Deliverables. - A list of the specific anti-patterns, each named. - The consequence each one produces. - A rewritten plan that fixes them.

Acceptance — you should catch at least these: - [ ] Big-bang cutover ("single weekend") → the all-new-bugs cliff; no incremental validation; rollback is enormous. Fix: strangler fig, slice by slice. - [ ] Moving target → product teams add features to Python for 18 months, so the migration target never stops moving and the new system is always behind. Fix: forcing function — new features land in the new system; freeze additions to the old one (this is not a feature freeze, it's a one-way ratchet). - [ ] The "Migration Team" anti-pattern → split ownership from domain knowledge; low-status backwater; first defunded. Fix: embed migration in owning teams + a central enablement group. - [ ] Data migrated in the cutover weekend → the hardest, most irreversible work crammed into the riskiest moment. Fix: online data migration (expand/contract, dual-write, backfill, reconcile) done incrementally and first. - [ ] "No features frozen" claim is incoherent with parallel-build-then-flip — either you double-build every feature (impossible for 6 people) or the old system diverges. Fix: the strangler lets feature work continue because slices move one at a time.

Bonus. Estimate how this plan actually ends if shipped as written (most likely: slips past 18 months, the cutover weekend fails or is aborted, the program loses funding, and you're left running two systems indefinitely).

Task 7 — Decide: migrate, wrap, refactor, or leave alone¶

Scenario. Four systems, four decisions. For each, choose migrate / wrap / refactor-in-place / leave alone, and justify in one paragraph.

1. A COBOL mainframe banking core: works flawlessly, processes billions, almost no one left who can modify it, but it rarely needs modification.
2. A Python 2 internal tool: Python 2 is EOL (no security patches), the tool handles customer PII, actively developed.
3. A 50k-line Java service that's "ugly" and slow on one endpoint; team knows Java well; traffic is growing but within capacity.
4. A Perl reporting script nobody understands, run weekly, that occasionally produces wrong numbers.

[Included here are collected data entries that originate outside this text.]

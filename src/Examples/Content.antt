-- ===== src/Examples/Content.antt =====
-- The rate limiter, the backoff, the archive and the checks of a message on sample data.
use geodineum_comms.Prelude.{
  ◌≡◌, refl, true, none, some, [], ◌∷◌, arith, length, ◌+◌, ◌≤◌, ◌^◌, ◌*◌, ltb, min, from_secs, All,
  ◌&&◌, ◌||◌,
}
use geodineum_comms.Prelude.Dict.{lookup, insert, contains_key}
use geodineum_comms.Message.{CommsMessage, SenderInfo}
use geodineum_comms.RateLimiter.{new, evict, try_acquire, max_tracked_sites}
use geodineum_comms.RateLimiter.Window.{recent, new-Tracks, try_acquire_decides}
use geodineum_comms.RateLimiter.Rate.{serve, within, serve_rate}
use geodineum_comms.Backoff.{
  BackoffTracker, with_config, default_config, backoff, is_in_backoff, remaining_backoff,
  consecutive_failures, record_failure, failed_state, scaled_delay, is_nan,
}
use geodineum_comms.Backoff.Progress.{fail_all, backoff_exponential}
use geodineum_comms.Archive.{
  sent, row, archive_message, archive_received, update_status, record_results,
}
use geodineum_comms.Archive.Status.{status_of}
use geodineum_comms.Archive.Message.{archive_message_records}
use geodineum_comms.WebLink.{
  Links, is_consumer, chat_for, route_key, web_key, IsLinked, chat_for_owned,
}
use geodineum_comms.Spam.{
  looks_like_gibberish, gibberish_letters, long_consonants, check_keywords, extend, contains_text,
  check, default_filter, mixed_case, score_of,
}
use geodineum_comms.Prelude.Chars.{after, strip_prefix, trim, trim_start, trim_end}
use Prim.Native.String.{count}
use geodineum_comms.Poller.{
  strip_thinking, strip_from, split_message, take_paragraphs, take_paragraph, take_lines, take_line,
  take_chars, lines, paragraphs,
}
use geodineum_comms.Poller.Split.{join}
use geodineum_comms.Poller.Fits.{split_message_whole}
use geodineum_comms.WebLink.{more_letters, hex_digits}
use geodineum_comms.Examples.{plain, hello, contact, working}

serve_rate_example :
    within 9
      (from_secs 60)
      "shop"
      (serve (new 2 60) [] ((1, "shop") ∷ (2, "shop") ∷ (3, "shop") ∷ [])).1
    ≤ 2
serve_rate_example =
    serve_rate 2 60 ((1, "shop") ∷ (2, "shop") ∷ (3, "shop") ∷ []) "shop" 9
      (omega arith, (omega arith, (omega arith, tt)))

try_acquire_decides_example : (try_acquire 5 "shop" (new 2 60)).1 ≡ (
    (contains_key "shop" (evict 5 (new 2 60))
      || ltb (length (evict 5 (new 2 60))) max_tracked_sites)
    && ltb (recent 5 (new 2 60).window_duration "shop" []) (new 2 60).max_per_window)
try_acquire_decides_example =
    try_acquire_decides 0 5 "shop" (new 2 60) [] (new-Tracks 2 60) (omega arith)

nothing_tracked : length (new 2 60).windows ≤ max_tracked_sites
unfolding new
nothing_tracked = omega arith

abbrev tracker : BackoffTracker
tracker = with_config default_config

no_failure : consecutive_failures "shop" tracker ≡ 0
unfolding consecutive_failures lookup
no_failure = refl

backoff_exponential_example :
    is_in_backoff 9 "shop"
      (record_failure 5 "shop" "disk full" (fail_all "shop" ((1, "disk full") ∷ []) tracker))
    ≡ ltb 9 (5 + min (1_000_000_000 * 2 ^ 1) 300_000_000_000)
backoff_exponential_example =
    backoff_exponential "shop" "disk full" ((1, "disk full") ∷ []) 5 9 tracker refl no_failure
      (omega arith)

remaining :
    remaining_backoff 5 "shop" (record_failure 5 "shop" "disk full" tracker) ≡ some 1_000_000_000
unfolding remaining_backoff record_failure failed_state backoff is_nan scaled_delay lookup insert
remaining = refl

written : (archive_message working "now" contact "1-0" sent [] []).1 ≡ true
unfolding archive_message archive_received update_status record_results
written = refl

archive_message_records_example :
    status_of (row "shop" "m1" (archive_message working "now" contact "1-0" sent [] []).0)
    ≡ some sent
archive_message_records_example =
    archive_message_records working "now" contact "1-0" sent [] [] (λ e. cc) written

-- One linked account of the shop.
abbrev links : Links
links = record {
  routes =
      (
        route_key "shop" "web:0123456789abcdef",
        record {
          consumer = "web:0123456789abcdef";
          lane = "";
          pipeline = "";
          session_id = "";
          system = none;
          system_mode = none;
          system_name = none;
          operator = some "op1";
          chat = some "42";
        },
      )
      ∷ [];
  webs =
      (
        web_key "geodine" "op1",
        record { site = "shop"; consumer = "web:0123456789abcdef"; chat = "42"; at_ms = 7 },
      )
      ∷ [];
  up = true;
}

linked_to : chat_for links "geodine" "shop" "web:0123456789abcdef" ≡ some "42"
unfolding chat_for route_key web_key is_consumer more_letters hex_digits lookup
linked_to = refl

chat_for_owned_example :
    (is_consumer "web:0123456789abcdef" ≡ true)
    × IsLinked links "geodine" "shop" "web:0123456789abcdef" "42"
chat_for_owned_example = chat_for_owned links "geodine" "shop" "web:0123456789abcdef" "42" linked_to

abbrev casino : CommsMessage
casino = record contact { content = record hello { body = some "casino bitcoin viagra cialis" } }

casino_is_spam : (check plain default_filter casino).is_spam ≡ true
unfolding check score_of looks_like_gibberish gibberish_letters long_consonants mixed_case
    check_keywords default_filter extend contains_text after
casino_is_spam = refl

abbrev listed : SenderInfo
listed = record {
  name = none;
  email = none;
  phone = none;
  user_agent = none;
  ip = some "203.0.113.9";
}

abbrev from_listed : CommsMessage
from_listed = record contact { sender = some listed }

split_message_whole_example :
    (join (split_message "one\n\ntwo three\nfour" 6) ≡ "one\n\ntwo three\nfour")
    × All (λ c. count c ≤ 6) (split_message "one\n\ntwo three\nfour" 6)
split_message_whole_example = split_message_whole "one\n\ntwo three\nfour" 6 (omega arith)

-- A paragraph that fits is a chunk, one that does not is cut at its lines, and a long line anywhere.
split_message_run :
    split_message "one\n\ntwo three\nfour" 6 ≡ "one\n\n" ∷ "two th" ∷ "ree\n" ∷ "four" ∷ []
unfolding split_message take_paragraphs take_paragraph take_lines take_line take_chars lines
    paragraphs
split_message_run = refl

-- What is shown of a response with a trace of reasoning, and with one that is not closed.
strip_thinking_run : strip_thinking "<think>so</think> Yes. " ≡ "Yes."
unfolding strip_thinking strip_from strip_prefix after trim trim_start trim_end
strip_thinking_run = refl

strip_thinking_unclosed : strip_thinking "Yes. <thinking>so" ≡ "Yes."
unfolding strip_thinking strip_from strip_prefix after trim trim_start trim_end
strip_thinking_unclosed = refl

Acceptance. - [ ] (1) Wrap (or leave alone) — do NOT migrate. It works, change is rare, and a rewrite of a flawless billions-scale core is pure downside. Put a clean API/service layer in front if integration is the pain; otherwise leave it. - [ ] (2) Migrate. EOL + PII + active development = the language/runtime itself is a security liability no refactor can fix. This is a textbook justified migration (cf. the real-world Python 2→3 EOL pressure). - [ ] (3) Refactor in place. "Ugly" is design, not language; the team knows Java; profile and fix the one slow endpoint. A migration here would be pure aesthetics — the kill-case scenario. - [ ] (4) Refactor/rewrite the script, not the language — and add tests. The real defect is correctness + comprehension, not Perl. A tiny weekly script is cheap to rewrite with a shadow/diff check against the old output; this is the rare case where a small rewrite is reasonable, but the goal is captured knowledge + correctness, not "escape Perl."

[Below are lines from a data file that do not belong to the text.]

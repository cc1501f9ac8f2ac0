-- ===== src/TgEscape.antt =====
-- src/templates/tg_escape.rs: plain text for Telegram's MarkdownV2.
pub mod Readable
use Prim.Native.Char.{code, Char}
use Prim.Native.String.{String}
use geodineum_comms.Prelude.{
  ℕ, ◌≡◌, refl, sym, ap, Bool, true, false, not, ◌||◌, ◌&&◌, Bool-cases, inl, inr, Option, none,
  some, List, [], ◌∷◌, any, eqb, arith, if◌then◌else◌,
}
use geodineum_comms.Prelude.Chars.{all_codes}

abbrev pub markdown_v2_specials : List ℕ
markdown_v2_specials =
    b'_' ∷ b'*' ∷ b'[' ∷ b']' ∷ b'(' ∷ b')' ∷ b'~' ∷ b'`' ∷ b'>' ∷ b'#' ∷ b'+' ∷ b'-' ∷ b'=' ∷ b'|'
    ∷ b'{' ∷ b'}' ∷ b'.' ∷ b'!' ∷ []

unfoldable pub is_special : ℕ → Bool
is_special c = any (λ k. eqb k c) markdown_v2_specials

unfoldable pub escape_markdown_v2 : String → String
escape_markdown_v2 String.[] = ""
escape_markdown_v2 (String.◌∷◌ c s) =
    let rest = String.◌∷◌ c (escape_markdown_v2 s) in
    if is_special (code c) then String.◌∷◌ "\\" rest else rest

-- a JSON value of a template, with the text that Tera prints it as
pub data Value : Type 0 where
  text printed : String → Value

unfoldable pub tg_escape_filter : Value → Value
tg_escape_filter (text s) = text (escape_markdown_v2 s)
tg_escape_filter (printed s) = text (escape_markdown_v2 s)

Discussion. The point of this task: the language is the right thing to change in only one of the four (case 2). The others are design, performance, or knowledge problems wearing migration clothing — exactly the discrimination a senior is paid to make.

Summary — how to grade yourself¶

Memorize this: in every one of these exercises the winning move is the same shape — don't migrate unless the language itself is the liability; when you do, go incremental (strangler + shadow + data-first + instant rollback), justify it in business terms, embed it in owning teams without freezing the business, and pre-commit to kill criteria. If your plan has a cutover cliff, a migration team, or end-of-project data migration, you've designed the failure mode, not the migration.